By: Nina daVinci Nichols
photo by Tom Bloom
"We are useless, dangerous, and ought to be abolished" says the philandering Hector Hushabye, referring to his household of assorted relatives and hangers on. His good looks and elegant manners undermine his moral credibility, but the irony is intended. Shaw damned the upper class as charming, clever parasites in every play, novel and pamphlet he ever wrote. With "Heartbreak House," he broke with his favorite form of tight problem play and adopted a loose "Fantasia in the Russian Manner," his homage to Chekhov in the play's subtitle. Instead of debating the Shavian social revolution, his characters this time convey the mood of a country villa reminiscent of Cherry Orchard where nothing much happens in a leisurely, complacent fashion.
The beautiful daughters of the drunken patriarch Captain Shotover and their guests glide through drawing room and garden in lovely gowns, without direction or purpose. They entertain romantic fantasies about marriage and money, ideally to be united in one partner. They judge themselves and each other for their foibles. They all, including the dunderhead man of business, Boss Mangan, are bankrupt, financially and morally. If they truly resemble either the ruling or the monied classes circa 1913, when Shaw started the play, to 1916 when he finished it, one wonders how England won the war; it's rumbling in the wings at the end of Act 3. Hesione Hushabye finds the sound of falling bombs thrilling; Hector turns on all the lights of the house to guide the Zepps.

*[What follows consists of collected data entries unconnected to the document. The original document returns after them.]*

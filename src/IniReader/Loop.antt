-- ===== src/IniReader/Loop.antt =====
-- The loop of `tryParseKeyValue` in src/cIniReader.cpp: what it returns is a value.
use pquery.Prelude.{
  ℕ, zero, suc, ◌-◌, ◌≤◌, true, false, not, [], ◌∷◌, ◌++◌, ◌≡◌, refl, sym, ap, ◌∙◌, none, some,
  arith, inl, inr, ◌==◌, if◌then◌else◌, Bytes, length, is_empty, All, Stops, between,
  between-append, Passes, drop_while-Passes, length-append, append_assoc, subst, append-nil,
  is_space, Bool-cases,
}
use pquery.IniReader.Line.{is_word_char, skip_ws, word_end, value_loop}
use pquery.IniReader.Syntax.{Space, IsWord, IsTail, nil, more}
use pquery.IniReader.Words.{skip_ws-Passes}

-- `value` ends in the line at the end of `tail`, and only white space follows.
pub record Ends (prefix ve value : Bytes) : Type 0 where
  pub tail : Bytes
  pub trailing : Bytes
  pub splits : ve ≡ tail ++ trailing
  pub is_tail : IsTail tail
  pub trailing_space : All Space trailing
  pub value_is : value ≡ prefix ++ tail

value_loop_step :
    (fuel : ℕ) (from : Bytes) (c : ℕ) (s : Bytes)
    → value_loop (suc fuel) from (c ∷ s) ≡ (
        if is_empty (skip_ws (c ∷ s))
        then some (between from (c ∷ s))
        else if not (length (c ∷ s) - length (skip_ws (c ∷ s)) == 1)
        then none
        else value_loop fuel from (word_end (skip_ws (c ∷ s))))
unfolding value_loop
value_loop_step fuel from c s = refl

Ends-trailing :
    (prefix ve : Bytes) {value : Bytes}
    → All Space ve
    → some prefix ≡ some value
    → Ends prefix ve value
Ends-trailing prefix ve h e = record {
  tail = [];
  trailing = ve;
  splits = refl;
  is_tail = nil;
  trailing_space = h;
  value_is = sym (cc) ∙ sym (append-nil prefix);
}

Ends-word :
    (prefix : Bytes) (c : ℕ) (w rest : Bytes) {value : Bytes}
    → Space c
    → IsWord w
    → Ends (prefix ++ c ∷ w) rest value
    → Ends prefix (c ∷ (w ++ rest)) value
Ends-word prefix c w rest b word r = record {
  tail = c ∷ (w ++ r.tail);
  trailing = r.trailing;
  splits = ap (λ x. c ∷ (w ++ x)) r.splits ∙ ap (◌∷◌ c) (sym (append_assoc w r.tail r.trailing));
  is_tail = more c w r.tail b word r.is_tail;
  trailing_space = r.trailing_space;
  value_is = r.value_is ∙ append_assoc prefix (c ∷ w) r.tail;
}

-- A text that begins with no white space begins with a word.
pub record BeginsWithWord (s : Bytes) : Type 0 where
  pub word : Bytes
  pub splits : s ≡ word ++ word_end s
  pub is_word : IsWord word
  pub stops : Stops is_word_char (word_end s)

IsWord-of :
    (c : ℕ) (s w rest : Bytes)
    → is_space c ≡ false
    → c ∷ s ≡ w ++ rest
    → Stops is_word_char rest
    → All (λ d. is_word_char d ≡ true) w
    → IsWord w
IsWord-of c s [] [] h e k a = absurd (cc)
IsWord-of c s [] (d ∷ rest) h e k a = absurd (ground arith)
IsWord-of c s (d ∷ w) rest h e k a = a

pub begins_with_word : (c : ℕ) (s : Bytes) → is_space c ≡ false → BeginsWithWord (c ∷ s)
unfolding word_end
begins_with_word c s h =
    let p = drop_while-Passes is_word_char (c ∷ s) in
    record {
      word = p.passed;
      splits = p.splits;
      is_word = IsWord-of c s p.passed _ h p.splits p.stops p.holds;
      stops = p.stops;
    }

one_space :
    (c : ℕ) (s passed next : Bytes)
    → c ∷ s ≡ passed ++ next
    → length (c ∷ s) - length next ≡ 1
    → s ≡ next
one_space c s [] next e k = absurd (omega (arith, ap length e))
one_space c s (d ∷ []) next e k = cc
one_space c s (d ∷ f ∷ passed) next e k =
    absurd (omega (arith, ap length e, length-append passed next))

-- One round of the loop, given what the rounds after it do.
value_loop_round :
    (fuel : ℕ) (prefix : Bytes) (c : ℕ) (s next : Bytes) {value : Bytes}
    → length s ≤ fuel
    → Space c
    → Passes is_space (c ∷ s) next
    → (if is_empty next
        then some (between (prefix ++ c ∷ s) (c ∷ s))
        else if not (length (c ∷ s) - length next == 1)
        then none
        else value_loop fuel (prefix ++ c ∷ s) (word_end next))
      ≡ some value
    → ((prefix' ve : Bytes)
        → length ve ≤ fuel
        → Stops is_word_char ve
        → value_loop fuel (prefix' ++ ve) ve ≡ some value
        → Ends prefix' ve value)
    → Ends prefix (c ∷ s) value
value_loop_round fuel prefix c s [] k b p e later =
    Ends-trailing prefix (c ∷ s) (subst (All Space) (sym (p.splits ∙ append-nil p.passed)) p.holds)
      (ap some (sym (between-append prefix (c ∷ s))) ∙ e)
value_loop_round fuel prefix c s (d ∷ n) {value} k b p e later =
    elim (Bool-cases (length (c ∷ s) - length (d ∷ n) == 1)) [
      | inl t ↦
          let w = begins_with_word d n p.stops in
          let rest = word_end (d ∷ n) in
          let s_is : s ≡ w.word ++ rest =
            one_space c s p.passed (d ∷ n) p.splits (ground arith) ∙ w.splits in
          let loop : value_loop fuel (prefix ++ c ∷ s) rest ≡ some value = rw t at e in
          let from_is : (prefix ++ c ∷ w.word) ++ rest ≡ prefix ++ c ∷ s =
            append_assoc prefix (c ∷ w.word) rest ∙ ap (λ x. prefix ++ c ∷ x) (sym s_is) in
          subst (λ x. Ends prefix (c ∷ x) value) (sym s_is)
            (Ends-word prefix c w.word rest b w.is_word (
              later (prefix ++ c ∷ w.word) rest
                (omega (arith, ap length s_is, length-append w.word rest)) w.stops
                (ap (λ x. value_loop fuel x rest) from_is ∙ loop)))
      | inr f ↦ absurd (let x : none ≡ some value = rw f at e in cc)
    ]

-- What the loop returns is a value with white space behind it.
pub value_loop_sound :
    (fuel : ℕ) (prefix ve : Bytes) {value : Bytes}
    → length ve ≤ fuel
    → Stops is_word_char ve
    → value_loop fuel (prefix ++ ve) ve ≡ some value
    → Ends prefix ve value
unfolding value_loop
value_loop_sound zero prefix [] k h e =
    Ends-trailing prefix [] tt (ap some (sym (between-append prefix [])) ∙ e)
value_loop_sound zero prefix (c ∷ s) k h e = absurd (omega arith)
value_loop_sound (suc fuel) prefix [] k h e =
    Ends-trailing prefix [] tt (ap some (sym (between-append prefix [])) ∙ e)
value_loop_sound (suc fuel) prefix (c ∷ s) k h e =
    value_loop_round fuel prefix c s (skip_ws (c ∷ s)) (omega arith) (ground arith)
      (skip_ws-Passes (c ∷ s)) (sym (value_loop_step fuel (prefix ++ c ∷ s) c s) ∙ e)
      (λ prefix' ve. value_loop_sound fuel prefix' ve)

"Heartbreak House" is the dark side of romantic comedy negating its own tradition of cheerful optimism. Here Shaw writes at his gloomiest. Some corner of his soul still believes in social equity, political responsibility, anti-capitalism, and a no-nonsense practical realism, but no character passionately embraces his cause. The action undermines any illusions about a triumphant Utopia on the horizon. To the contrary, the ship of state–the play takes a nautical metaphor---drifts toward certain destruction. Captain Shotover, the clownish eighty eight year old who speaks for Shaw, packs sticks of dynamite like six shooters in order to blow up "people like Mangan" and the whole human race if necessary. The clever daughters play flirtatious games out of laziness and without scruple. They have no hearts to break, the Captain barks out. Ellie Dunn the ingenue begins her visit to the House as a foolish girl in love with the fabricator Hector Hushabye and ends up a realist ready to marry the dotty Captain whose wisdom comes from rum. Her father, a version of "Pygmalion's" Doolittle, lacks his divine spark. These characters specialize in potentially virulent forms of obliviousness. Two of them, Mangan and Dunn, manage to get blown up by the first bombs as they fool around in a gravel pit in the garden. Shaw detested business men and clearly marked Mangan for extinction.
The inhabitants of "Heartbreak House" at the Pearl Theater appear to be as pretty, idle and frivolous as Shaw's people, but are essentially harmless. The actors are too nice to be spiritual rotters and too good willed to be sailing into apocalypse. They speak well, but scenes in this play don't take their shape from witty banter, Shaw's trademark. The script instead rambles, collects its meanings by accretion, includes odd entrances and exits, and a few strange recognition scenes. The first comes in Act I, when Hesione Hushabye fails to know her young guest Ellie Dunn, or Mangan a few minutes later, or her brother in law, Randall, yet the mistaken identities fail to count as comic machinery of plot. In a word, the play comes closer than any of Shaw's to being plotless. Form matches the metaphoric aimlessness. The set is simple, the costumes beautiful.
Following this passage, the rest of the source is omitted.